----- Data supplied -----
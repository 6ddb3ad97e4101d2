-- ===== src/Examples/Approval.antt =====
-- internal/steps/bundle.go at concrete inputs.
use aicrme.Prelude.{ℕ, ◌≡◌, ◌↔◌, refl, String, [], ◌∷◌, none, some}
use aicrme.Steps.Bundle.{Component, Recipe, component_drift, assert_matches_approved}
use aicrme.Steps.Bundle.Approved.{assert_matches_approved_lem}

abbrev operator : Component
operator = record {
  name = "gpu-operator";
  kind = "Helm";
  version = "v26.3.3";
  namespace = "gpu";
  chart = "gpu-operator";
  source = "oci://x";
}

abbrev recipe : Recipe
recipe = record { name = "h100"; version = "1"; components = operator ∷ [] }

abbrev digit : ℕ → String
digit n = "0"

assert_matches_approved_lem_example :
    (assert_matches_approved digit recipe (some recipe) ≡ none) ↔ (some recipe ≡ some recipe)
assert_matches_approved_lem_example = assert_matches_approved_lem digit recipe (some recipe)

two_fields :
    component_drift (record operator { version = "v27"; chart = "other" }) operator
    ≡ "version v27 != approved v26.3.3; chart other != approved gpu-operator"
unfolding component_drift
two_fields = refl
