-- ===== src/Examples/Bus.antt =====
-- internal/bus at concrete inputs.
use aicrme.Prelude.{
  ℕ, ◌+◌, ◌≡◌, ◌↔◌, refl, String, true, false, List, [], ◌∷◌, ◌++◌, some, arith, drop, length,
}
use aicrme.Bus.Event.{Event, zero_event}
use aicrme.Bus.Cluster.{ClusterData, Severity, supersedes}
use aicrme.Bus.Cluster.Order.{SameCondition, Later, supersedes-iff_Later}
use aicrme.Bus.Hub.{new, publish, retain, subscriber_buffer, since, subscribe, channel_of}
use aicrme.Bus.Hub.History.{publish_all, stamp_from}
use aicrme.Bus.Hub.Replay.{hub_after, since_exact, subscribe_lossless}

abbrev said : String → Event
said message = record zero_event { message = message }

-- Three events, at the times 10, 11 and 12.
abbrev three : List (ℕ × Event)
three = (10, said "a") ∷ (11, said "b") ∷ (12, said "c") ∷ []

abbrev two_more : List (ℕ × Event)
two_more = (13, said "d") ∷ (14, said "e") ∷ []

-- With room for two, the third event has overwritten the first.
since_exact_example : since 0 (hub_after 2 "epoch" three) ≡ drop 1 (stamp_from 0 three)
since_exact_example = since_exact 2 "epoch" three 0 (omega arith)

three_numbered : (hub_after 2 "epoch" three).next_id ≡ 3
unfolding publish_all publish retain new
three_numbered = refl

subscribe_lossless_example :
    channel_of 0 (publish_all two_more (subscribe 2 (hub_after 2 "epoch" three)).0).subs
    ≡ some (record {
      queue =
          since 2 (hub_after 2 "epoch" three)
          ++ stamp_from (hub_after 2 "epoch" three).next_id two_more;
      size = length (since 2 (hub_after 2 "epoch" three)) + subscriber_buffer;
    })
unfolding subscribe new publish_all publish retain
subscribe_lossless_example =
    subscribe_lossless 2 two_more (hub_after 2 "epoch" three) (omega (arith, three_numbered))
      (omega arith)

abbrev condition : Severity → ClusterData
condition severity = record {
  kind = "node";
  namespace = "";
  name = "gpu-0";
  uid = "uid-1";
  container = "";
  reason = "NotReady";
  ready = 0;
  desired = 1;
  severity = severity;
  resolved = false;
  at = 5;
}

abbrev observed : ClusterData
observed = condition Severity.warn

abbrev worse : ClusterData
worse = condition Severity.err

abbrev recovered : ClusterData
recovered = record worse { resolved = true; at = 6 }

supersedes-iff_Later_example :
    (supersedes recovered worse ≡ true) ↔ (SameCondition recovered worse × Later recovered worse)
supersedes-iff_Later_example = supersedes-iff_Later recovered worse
-----
----- Data supplied -----
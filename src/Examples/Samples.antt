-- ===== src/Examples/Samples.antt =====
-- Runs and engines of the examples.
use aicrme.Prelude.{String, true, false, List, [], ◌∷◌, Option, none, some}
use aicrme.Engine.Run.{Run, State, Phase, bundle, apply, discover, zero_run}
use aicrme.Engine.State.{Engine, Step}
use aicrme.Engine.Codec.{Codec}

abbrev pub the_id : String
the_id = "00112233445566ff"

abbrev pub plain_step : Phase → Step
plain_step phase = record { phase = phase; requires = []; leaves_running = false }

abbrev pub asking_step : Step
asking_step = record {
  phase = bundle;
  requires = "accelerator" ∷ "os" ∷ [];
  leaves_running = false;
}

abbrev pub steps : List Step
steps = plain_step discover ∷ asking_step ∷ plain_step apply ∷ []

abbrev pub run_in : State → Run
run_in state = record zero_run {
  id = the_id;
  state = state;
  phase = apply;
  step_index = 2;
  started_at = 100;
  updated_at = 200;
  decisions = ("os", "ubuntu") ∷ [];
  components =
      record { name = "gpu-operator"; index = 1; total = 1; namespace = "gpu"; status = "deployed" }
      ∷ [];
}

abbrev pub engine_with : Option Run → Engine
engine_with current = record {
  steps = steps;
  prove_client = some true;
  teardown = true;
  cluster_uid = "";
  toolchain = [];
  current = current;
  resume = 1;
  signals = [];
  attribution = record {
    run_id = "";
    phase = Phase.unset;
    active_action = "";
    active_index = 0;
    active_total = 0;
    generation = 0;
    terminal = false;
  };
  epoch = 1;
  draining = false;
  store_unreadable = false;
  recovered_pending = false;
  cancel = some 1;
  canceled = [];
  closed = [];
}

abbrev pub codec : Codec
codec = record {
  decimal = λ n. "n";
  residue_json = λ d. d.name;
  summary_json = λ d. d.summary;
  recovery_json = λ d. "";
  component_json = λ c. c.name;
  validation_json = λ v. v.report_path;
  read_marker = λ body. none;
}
-----
Your task » Working from the material above, restate word for word the lines between the line with "operator = record" and the line with "assert_matches_approved_lem digit recipe (some recipe)", both included, and only those.

Written answer »
operator = record {
  name = "gpu-operator";
  kind = "Helm";
  version = "v26.3.3";
  namespace = "gpu";
  chart = "gpu-operator";
  source = "oci://x";
}

abbrev recipe : Recipe
recipe = record { name = "h100"; version = "1"; components = operator ∷ [] }

abbrev digit : ℕ → String
digit n = "0"

assert_matches_approved_lem_example :
    (assert_matches_approved digit recipe (some recipe) ≡ none) ↔ (some recipe ≡ some recipe)
assert_matches_approved_lem_example = assert_matches_approved_lem digit recipe (some recipe)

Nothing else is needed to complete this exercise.